### REQUIRED ACTION
Repeat only the stretch of lines below that runs from the line with "compute_scores cur_frame (track" through the line with "(if o.gt prob", unaltered.

#### DATA IN THIS EXERCISE

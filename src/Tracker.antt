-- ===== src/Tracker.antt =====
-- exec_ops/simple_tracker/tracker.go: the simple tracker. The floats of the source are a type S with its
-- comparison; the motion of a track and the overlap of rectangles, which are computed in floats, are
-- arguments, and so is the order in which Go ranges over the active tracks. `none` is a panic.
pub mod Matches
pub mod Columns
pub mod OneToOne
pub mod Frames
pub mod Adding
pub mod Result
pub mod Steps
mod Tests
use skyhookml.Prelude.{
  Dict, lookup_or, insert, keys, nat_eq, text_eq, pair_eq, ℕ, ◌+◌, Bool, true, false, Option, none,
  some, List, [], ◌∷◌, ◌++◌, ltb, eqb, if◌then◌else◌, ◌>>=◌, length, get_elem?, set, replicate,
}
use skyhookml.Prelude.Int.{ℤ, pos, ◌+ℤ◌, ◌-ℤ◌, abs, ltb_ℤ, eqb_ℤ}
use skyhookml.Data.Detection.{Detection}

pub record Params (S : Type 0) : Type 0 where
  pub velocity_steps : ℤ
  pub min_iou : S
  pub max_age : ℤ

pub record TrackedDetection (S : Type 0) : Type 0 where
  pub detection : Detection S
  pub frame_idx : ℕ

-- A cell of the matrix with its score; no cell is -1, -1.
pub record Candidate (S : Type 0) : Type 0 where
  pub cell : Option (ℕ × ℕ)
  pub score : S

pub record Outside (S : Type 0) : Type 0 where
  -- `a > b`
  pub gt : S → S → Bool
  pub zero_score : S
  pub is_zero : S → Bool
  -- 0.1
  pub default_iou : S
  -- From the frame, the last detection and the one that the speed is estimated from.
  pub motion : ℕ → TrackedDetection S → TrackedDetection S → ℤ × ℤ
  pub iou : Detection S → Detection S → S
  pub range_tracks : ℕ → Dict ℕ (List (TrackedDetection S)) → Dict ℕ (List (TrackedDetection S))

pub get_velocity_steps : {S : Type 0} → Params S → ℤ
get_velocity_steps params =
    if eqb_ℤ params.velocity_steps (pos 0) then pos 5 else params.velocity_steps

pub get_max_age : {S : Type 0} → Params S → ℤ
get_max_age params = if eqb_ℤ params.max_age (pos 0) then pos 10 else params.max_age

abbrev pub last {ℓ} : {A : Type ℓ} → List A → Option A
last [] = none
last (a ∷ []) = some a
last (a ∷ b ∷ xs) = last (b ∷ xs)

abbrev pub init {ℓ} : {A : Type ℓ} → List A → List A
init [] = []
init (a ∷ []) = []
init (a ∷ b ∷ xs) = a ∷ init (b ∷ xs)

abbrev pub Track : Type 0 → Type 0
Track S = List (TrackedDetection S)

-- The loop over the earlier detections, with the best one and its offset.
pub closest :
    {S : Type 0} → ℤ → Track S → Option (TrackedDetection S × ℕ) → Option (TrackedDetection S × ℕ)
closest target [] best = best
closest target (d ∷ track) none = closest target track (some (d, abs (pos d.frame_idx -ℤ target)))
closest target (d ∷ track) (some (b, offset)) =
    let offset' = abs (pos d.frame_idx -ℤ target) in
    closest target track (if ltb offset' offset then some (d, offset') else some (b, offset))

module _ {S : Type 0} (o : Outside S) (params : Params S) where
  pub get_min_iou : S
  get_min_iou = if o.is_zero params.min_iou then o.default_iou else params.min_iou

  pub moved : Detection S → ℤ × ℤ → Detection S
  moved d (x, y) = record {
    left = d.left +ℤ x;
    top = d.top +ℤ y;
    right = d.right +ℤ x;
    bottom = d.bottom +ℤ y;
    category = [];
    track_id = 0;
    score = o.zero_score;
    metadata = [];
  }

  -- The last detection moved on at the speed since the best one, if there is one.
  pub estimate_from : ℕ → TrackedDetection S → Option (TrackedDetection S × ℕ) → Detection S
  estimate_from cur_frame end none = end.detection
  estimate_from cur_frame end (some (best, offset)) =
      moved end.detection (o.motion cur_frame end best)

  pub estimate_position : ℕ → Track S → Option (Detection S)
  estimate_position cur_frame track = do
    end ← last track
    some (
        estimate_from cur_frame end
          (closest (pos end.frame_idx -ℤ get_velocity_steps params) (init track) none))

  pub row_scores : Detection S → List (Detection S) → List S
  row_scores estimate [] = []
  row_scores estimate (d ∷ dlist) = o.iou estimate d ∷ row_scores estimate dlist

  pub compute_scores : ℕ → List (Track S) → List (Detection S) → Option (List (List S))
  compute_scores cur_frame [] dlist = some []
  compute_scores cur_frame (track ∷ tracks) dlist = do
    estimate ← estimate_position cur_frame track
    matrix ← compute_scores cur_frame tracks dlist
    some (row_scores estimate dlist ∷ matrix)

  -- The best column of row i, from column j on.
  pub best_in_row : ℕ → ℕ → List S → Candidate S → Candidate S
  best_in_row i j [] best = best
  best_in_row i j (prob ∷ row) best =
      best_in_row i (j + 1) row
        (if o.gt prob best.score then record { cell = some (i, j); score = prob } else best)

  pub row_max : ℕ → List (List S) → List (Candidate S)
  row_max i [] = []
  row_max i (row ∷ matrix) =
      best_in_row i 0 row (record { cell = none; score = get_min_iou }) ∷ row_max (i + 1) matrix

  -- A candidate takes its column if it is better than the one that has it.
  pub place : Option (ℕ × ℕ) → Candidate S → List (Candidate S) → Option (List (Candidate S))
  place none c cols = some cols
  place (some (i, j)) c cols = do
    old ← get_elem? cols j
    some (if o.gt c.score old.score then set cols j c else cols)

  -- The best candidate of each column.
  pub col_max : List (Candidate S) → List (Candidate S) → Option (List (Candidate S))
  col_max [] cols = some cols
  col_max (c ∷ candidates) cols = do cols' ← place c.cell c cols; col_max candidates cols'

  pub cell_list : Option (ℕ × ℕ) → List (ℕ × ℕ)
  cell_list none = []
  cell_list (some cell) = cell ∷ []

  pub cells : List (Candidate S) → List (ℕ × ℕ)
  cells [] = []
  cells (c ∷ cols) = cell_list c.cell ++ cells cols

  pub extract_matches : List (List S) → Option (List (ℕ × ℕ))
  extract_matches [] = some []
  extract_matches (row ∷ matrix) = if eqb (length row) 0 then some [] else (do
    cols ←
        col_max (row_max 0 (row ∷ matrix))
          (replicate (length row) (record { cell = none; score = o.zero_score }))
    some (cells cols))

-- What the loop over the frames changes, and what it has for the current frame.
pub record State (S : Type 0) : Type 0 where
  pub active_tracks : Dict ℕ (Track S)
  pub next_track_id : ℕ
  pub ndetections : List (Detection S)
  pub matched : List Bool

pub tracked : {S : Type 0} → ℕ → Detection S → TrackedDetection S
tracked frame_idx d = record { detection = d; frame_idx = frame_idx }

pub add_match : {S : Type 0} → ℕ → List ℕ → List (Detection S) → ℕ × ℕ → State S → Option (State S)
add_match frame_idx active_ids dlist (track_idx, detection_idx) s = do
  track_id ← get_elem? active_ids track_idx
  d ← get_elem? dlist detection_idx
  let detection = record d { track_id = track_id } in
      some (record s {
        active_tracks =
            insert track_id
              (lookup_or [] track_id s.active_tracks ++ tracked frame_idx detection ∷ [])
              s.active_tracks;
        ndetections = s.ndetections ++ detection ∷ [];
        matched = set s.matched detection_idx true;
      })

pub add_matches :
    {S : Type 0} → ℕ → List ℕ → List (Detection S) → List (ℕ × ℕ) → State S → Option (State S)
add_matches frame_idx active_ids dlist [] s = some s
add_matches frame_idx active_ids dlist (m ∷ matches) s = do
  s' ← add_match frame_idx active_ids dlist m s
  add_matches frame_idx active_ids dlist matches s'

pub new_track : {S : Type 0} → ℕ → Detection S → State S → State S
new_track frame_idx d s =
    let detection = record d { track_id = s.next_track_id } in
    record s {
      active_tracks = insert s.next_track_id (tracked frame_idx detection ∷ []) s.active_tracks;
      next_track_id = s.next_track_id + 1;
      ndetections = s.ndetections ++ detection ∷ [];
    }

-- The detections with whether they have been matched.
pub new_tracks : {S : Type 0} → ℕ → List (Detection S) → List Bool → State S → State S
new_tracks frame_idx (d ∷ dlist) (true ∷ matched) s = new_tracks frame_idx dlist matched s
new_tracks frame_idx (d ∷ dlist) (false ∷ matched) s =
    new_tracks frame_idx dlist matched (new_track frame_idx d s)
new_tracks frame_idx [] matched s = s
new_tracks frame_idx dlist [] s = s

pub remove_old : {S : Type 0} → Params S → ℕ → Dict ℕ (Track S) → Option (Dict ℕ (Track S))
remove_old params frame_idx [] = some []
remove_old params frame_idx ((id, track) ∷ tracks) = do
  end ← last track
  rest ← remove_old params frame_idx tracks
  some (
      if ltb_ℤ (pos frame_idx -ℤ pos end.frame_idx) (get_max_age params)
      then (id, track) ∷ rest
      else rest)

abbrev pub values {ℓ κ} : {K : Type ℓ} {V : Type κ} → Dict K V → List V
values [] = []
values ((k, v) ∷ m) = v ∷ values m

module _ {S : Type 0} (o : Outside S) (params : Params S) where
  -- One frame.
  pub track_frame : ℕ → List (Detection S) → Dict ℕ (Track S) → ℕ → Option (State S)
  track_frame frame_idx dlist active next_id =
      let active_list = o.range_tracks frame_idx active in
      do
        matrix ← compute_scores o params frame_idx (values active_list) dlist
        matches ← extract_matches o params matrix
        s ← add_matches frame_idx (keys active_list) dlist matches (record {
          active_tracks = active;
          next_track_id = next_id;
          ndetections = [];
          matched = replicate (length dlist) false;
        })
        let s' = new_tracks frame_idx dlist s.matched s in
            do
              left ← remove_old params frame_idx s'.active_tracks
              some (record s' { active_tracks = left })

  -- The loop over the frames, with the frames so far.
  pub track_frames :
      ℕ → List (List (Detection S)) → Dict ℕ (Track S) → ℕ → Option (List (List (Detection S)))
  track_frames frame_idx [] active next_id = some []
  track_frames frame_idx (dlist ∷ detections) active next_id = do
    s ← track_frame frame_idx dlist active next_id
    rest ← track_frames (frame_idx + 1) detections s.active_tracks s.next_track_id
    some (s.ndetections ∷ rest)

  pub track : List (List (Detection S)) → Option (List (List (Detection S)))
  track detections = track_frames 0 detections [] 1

########
#### DATA IN THIS EXERCISE

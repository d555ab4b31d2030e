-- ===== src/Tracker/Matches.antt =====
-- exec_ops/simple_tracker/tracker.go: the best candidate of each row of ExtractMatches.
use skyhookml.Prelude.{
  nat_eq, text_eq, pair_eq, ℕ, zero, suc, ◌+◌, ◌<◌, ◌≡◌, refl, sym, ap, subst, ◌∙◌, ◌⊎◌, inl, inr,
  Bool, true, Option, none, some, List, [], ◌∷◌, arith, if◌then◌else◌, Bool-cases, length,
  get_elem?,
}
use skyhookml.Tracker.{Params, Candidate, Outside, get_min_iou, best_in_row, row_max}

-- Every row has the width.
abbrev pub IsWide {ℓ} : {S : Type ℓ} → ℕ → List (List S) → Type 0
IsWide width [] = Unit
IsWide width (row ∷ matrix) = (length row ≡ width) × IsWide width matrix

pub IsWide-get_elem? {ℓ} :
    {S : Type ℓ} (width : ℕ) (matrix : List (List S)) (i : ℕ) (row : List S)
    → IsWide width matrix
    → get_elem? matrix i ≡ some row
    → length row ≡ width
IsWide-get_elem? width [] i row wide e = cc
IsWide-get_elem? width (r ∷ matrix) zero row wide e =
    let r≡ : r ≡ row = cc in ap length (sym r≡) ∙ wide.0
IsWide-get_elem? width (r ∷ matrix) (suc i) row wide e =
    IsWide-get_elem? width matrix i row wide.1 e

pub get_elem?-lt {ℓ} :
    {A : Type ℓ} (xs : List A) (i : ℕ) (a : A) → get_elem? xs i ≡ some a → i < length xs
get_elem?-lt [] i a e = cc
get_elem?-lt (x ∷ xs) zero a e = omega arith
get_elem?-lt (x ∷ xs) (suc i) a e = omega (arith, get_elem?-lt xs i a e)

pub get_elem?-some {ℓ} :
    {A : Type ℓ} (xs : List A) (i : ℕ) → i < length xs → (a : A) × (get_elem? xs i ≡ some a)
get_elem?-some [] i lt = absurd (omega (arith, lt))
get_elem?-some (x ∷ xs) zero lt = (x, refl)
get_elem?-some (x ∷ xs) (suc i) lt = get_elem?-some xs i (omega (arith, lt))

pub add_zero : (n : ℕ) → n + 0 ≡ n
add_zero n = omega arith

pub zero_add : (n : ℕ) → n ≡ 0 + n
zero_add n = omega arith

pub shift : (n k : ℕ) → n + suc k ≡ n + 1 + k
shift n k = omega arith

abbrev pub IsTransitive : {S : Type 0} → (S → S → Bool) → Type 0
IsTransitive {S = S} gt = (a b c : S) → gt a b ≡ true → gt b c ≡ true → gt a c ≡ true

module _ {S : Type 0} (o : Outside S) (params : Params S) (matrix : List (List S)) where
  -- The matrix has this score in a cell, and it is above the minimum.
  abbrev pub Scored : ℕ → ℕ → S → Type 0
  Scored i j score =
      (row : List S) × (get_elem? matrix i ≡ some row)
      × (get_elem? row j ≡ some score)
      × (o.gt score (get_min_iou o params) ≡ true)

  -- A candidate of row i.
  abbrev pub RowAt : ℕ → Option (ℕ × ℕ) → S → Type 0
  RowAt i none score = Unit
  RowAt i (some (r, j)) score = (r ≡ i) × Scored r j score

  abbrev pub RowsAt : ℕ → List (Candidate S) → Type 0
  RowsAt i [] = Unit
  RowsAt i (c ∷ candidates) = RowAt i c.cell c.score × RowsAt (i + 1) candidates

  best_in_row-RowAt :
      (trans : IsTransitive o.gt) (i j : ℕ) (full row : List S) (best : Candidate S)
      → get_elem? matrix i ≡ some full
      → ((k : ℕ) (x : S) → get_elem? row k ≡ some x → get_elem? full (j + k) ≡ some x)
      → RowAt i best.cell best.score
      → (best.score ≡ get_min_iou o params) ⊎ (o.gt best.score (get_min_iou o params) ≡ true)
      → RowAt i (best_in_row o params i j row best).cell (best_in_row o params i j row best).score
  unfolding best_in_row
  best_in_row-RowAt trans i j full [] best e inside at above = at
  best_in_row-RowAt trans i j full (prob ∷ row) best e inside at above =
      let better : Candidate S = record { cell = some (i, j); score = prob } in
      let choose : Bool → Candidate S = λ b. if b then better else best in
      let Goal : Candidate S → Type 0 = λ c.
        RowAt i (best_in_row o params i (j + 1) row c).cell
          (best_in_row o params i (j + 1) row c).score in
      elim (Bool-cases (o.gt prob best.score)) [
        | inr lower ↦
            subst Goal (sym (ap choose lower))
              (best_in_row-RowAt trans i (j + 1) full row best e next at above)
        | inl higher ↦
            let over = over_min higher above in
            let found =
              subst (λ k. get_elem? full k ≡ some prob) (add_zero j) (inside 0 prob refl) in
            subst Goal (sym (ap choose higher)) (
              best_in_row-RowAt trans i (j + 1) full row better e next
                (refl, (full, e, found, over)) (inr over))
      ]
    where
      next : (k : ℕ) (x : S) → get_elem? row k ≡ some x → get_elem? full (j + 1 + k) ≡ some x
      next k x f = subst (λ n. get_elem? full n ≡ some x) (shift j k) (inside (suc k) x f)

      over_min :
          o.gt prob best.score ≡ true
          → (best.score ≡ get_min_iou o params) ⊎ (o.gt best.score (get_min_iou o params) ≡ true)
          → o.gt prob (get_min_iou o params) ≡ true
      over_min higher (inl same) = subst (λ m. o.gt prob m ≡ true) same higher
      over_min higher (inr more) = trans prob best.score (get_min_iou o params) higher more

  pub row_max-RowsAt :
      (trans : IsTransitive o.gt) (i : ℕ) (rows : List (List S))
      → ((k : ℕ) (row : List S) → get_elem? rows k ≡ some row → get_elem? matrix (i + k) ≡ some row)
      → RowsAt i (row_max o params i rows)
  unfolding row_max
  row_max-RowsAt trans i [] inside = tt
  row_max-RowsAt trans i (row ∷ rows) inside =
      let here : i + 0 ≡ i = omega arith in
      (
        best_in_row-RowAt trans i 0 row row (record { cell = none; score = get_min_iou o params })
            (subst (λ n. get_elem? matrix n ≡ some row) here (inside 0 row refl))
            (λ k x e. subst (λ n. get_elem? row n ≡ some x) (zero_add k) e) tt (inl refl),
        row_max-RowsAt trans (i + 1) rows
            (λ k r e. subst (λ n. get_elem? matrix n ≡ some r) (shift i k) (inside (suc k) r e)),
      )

########

### EXERCISE RESPONSE
  compute_scores cur_frame (track ∷ tracks) dlist = do
    estimate ← estimate_position cur_frame track
    matrix ← compute_scores cur_frame tracks dlist
    some (row_scores estimate dlist ∷ matrix)

  -- The best column of row i, from column j on.
  pub best_in_row : ℕ → ℕ → List S → Candidate S → Candidate S
  best_in_row i j [] best = best
  best_in_row i j (prob ∷ row) best =
      best_in_row i (j + 1) row
        (if o.gt prob best.score then record { cell = some (i, j); score = prob } else best)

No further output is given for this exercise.